Naguran is one of the biggest villages in Jind district, Haryana state, India. The pin code of Naguran Jind is 126125. Jind, the nearest city is around 14–15 km away from the village.

It is surrounded by Jind-Chandigarh road & Jind-Karnal road. Naguran has many neighbour villages like Shahpur, Dahola, Hasanpur, Alewa, Dilwala, Mandi, Baddana, Khera, Samdo etc.

==Demographics==
At the 2011 Census of India, Naguran had a population of 11614 (appr. 100000th part of India's population) of which 6203 are males while 5411 are females residing in 2046 homes. In Naguran village population of children with age 0-6 is 1457 which makes up 12.55% of total population of village. Average Sex Ratio of Naguran village is 872 which is lower than Haryana state average of 879. Child Sex Ratio for the Naguran as per census is 803, lower than Haryana average of 834.

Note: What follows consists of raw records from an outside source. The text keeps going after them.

-- ===== src/U17/Ucsim.antt =====
-- dyaxis/analysis/u17_ucsim_runner.py: the images, the Intel HEX file and the commands that it gives
-- to uCsim, and the path that it projects for an image.
pub mod Loads
pub mod Projection
use sc_adat_appliance.Base.{
  ℕ, zero, suc, ◌+◌, ◌-◌, ◌*◌, ◌/◌, ◌%◌, Bool, true, false, not, ◌&&◌, Option, none, some, List, [],
  ◌∷◌, ◌++◌, ◌==◌, if◌then◌else◌, length, take, drop, replicate, slice,
}
use sc_adat_appliance.Base.Bytes.{sum, same, complement16, to_big}
use sc_adat_appliance.Base.Hex.{hex2, hex_upper}
use sc_adat_appliance.Base.Result.{Result, ok, err}
use sc_adat_appliance.Base.Text.{Text, codes}
use sc_adat_appliance.U17.Emulator.{FinalPath, marker_wait, checksum_failed, checksum_good}

-- `read_image`, of the bytes of the file.
pub data ImageError : Type 0 where
  wrong_size : ℕ → ImageError
  unknown_mapping : Text → ImageError

unfoldable pub read_image : List ℕ → Result ImageError (List ℕ)
read_image bytes =
    if not (length bytes == 0x8000) then err (wrong_size (length bytes)) else ok bytes

-- The bytes of one record in front of its checksum.
unfoldable pub record_of : ℕ → List ℕ → List ℕ
record_of address chunk = length chunk ∷ address / 256 % 256 ∷ address % 256 ∷ 0 ∷ chunk

-- `(-sum(record)) & 0xFF`
unfoldable pub check_byte : List ℕ → ℕ
check_byte bytes = (256 - sum bytes % 256) % 256

unfoldable pub record_line : List ℕ → Text
unfolding check_byte hex2
record_line bytes = 58 ∷ (hex_upper bytes ++ hex2 (check_byte bytes))

-- One record for each `range(0, len(data), 16)`, on fuel: a record takes a byte at least.
unfoldable pub record_lines : ℕ → ℕ → List ℕ → List Text
unfolding record_of record_line
record_lines fuel address [] = []
record_lines zero address (b ∷ bs) = []
record_lines (suc fuel) address (b ∷ bs) =
    record_line (record_of address (take 16 (b ∷ bs)))
    ∷ record_lines fuel (address + 16) (drop 16 (b ∷ bs))

-- `"\n".join(lines) + "\n"`
unfoldable pub with_breaks : List Text → Text
with_breaks [] = 10 ∷ []
with_breaks (t ∷ []) = t ++ 10 ∷ []
with_breaks (t ∷ s ∷ rest) = t ++ (10 ∷ with_breaks (s ∷ rest))

abbrev pub end_line : Text
end_line = codes ":00000001FF"

unfoldable pub ihex : List ℕ → Text
unfolding record_lines with_breaks
ihex bytes = with_breaks (record_lines (length bytes) 0 bytes ++ end_line ∷ [])

-- `" ".join(f"{value:02X}" ...)`
unfoldable pub spaced : List ℕ → Text
unfolding hex2
spaced [] = []
spaced (b ∷ []) = hex2 b
spaced (b ∷ c ∷ rest) = hex2 b ++ (32 ∷ spaced (c ∷ rest))

-- `range(0, SIZE, 16)` from an offset on.
unfoldable pub xram_from : ℕ → ℕ → List ℕ → List Text
unfolding spaced hex_upper to_big
xram_from zero offset image = []
xram_from (suc rounds) offset image =
    (codes "set memory XRAM 0x"
      ++ (hex_upper (to_big 2 (0x8000 + offset))
          ++ (32 ∷ spaced (slice offset (offset + 16) image))))
    ∷ xram_from rounds (offset + 16) image

unfoldable pub xram_commands : List ℕ → List Text
unfolding xram_from
xram_commands image = xram_from 0x800 0 image

pub record Summary : Type 0 where
  pub read_count : ℕ
  pub sum_r4_r5 : ℕ
  pub complement_r6_r7 : ℕ
  pub supplied_fdfc_fdff : List ℕ

unfoldable pub checksum_summary : List ℕ → Summary
checksum_summary image =
    let values = take 0x7DFD image in
    let total = sum values % 0x10000 in
    record {
      read_count = length values;
      sum_r4_r5 = total;
      complement_r6_r7 = complement16 total;
      supplied_fdfc_fdff = slice 0x7DFC 0x7E00 image;
    }

abbrev marker : List ℕ
marker = 0xAA ∷ 0x55 ∷ []

unfoldable pub projected_path : List ℕ → FinalPath
projected_path image =
    let total = sum (take 0x7DFD image) % 0x10000 in
    if same (slice 0x7DFE 0x7E00 image) marker && same (slice 0x7DFC 0x7DFE image) marker
    then marker_wait
    else if same (slice 0x7DFE 0x7E00 image) (to_big 2 (complement16 total))
    then checksum_good
    else checksum_failed

-- The image of a mapping's name; the descriptions are left out.
unfoldable pub mapping_image : Text → List ℕ → List ℕ → Result ImageError (List ℕ)
mapping_image name original candidate =
    if same name (codes "original")
    then ok original
    else if same name (codes "candidate")
    then ok candidate
    else if same name (codes "zero")
    then ok (replicate 0x8000 0)
    else if same name (codes "ff")
    then ok (replicate 0x8000 0xFF)
    else if same name (codes "mutable-original")
    then ok original
    else err (unknown_mapping name)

Naguran village has a lower literacy rate that the average rate in Haryana. In 2011, the literacy rate of Naguran village was 67.93% compared to 75.55% of Haryana. In Naguran Male literacy stands at 78.18% while female literacy rate was 56.32%.

The main mother-tongue language is Hindi, but the dialect majorly spoken is Haryanvi.

==Government==
As per constitution of India and Panchayati Raj Act, New Govt. headed by Manohar Lal Khattar. Naguran village is administered by educated (10th pass) Sarpanch (Head of Village) who is elected representative of village. Presently, It comes under Uchana constituency. The Jind district administration executes the government policies and plans for Naguran village.the sarpanch of naguran is kuldeep Khatkar s/o Shab Khatkar.

Naguran has two Gram Panchayats. Naguran village panchayat is one of the 22 panchayats of Alewa Block. Alewa block is one of the seven blocks of district Jind in Haryana.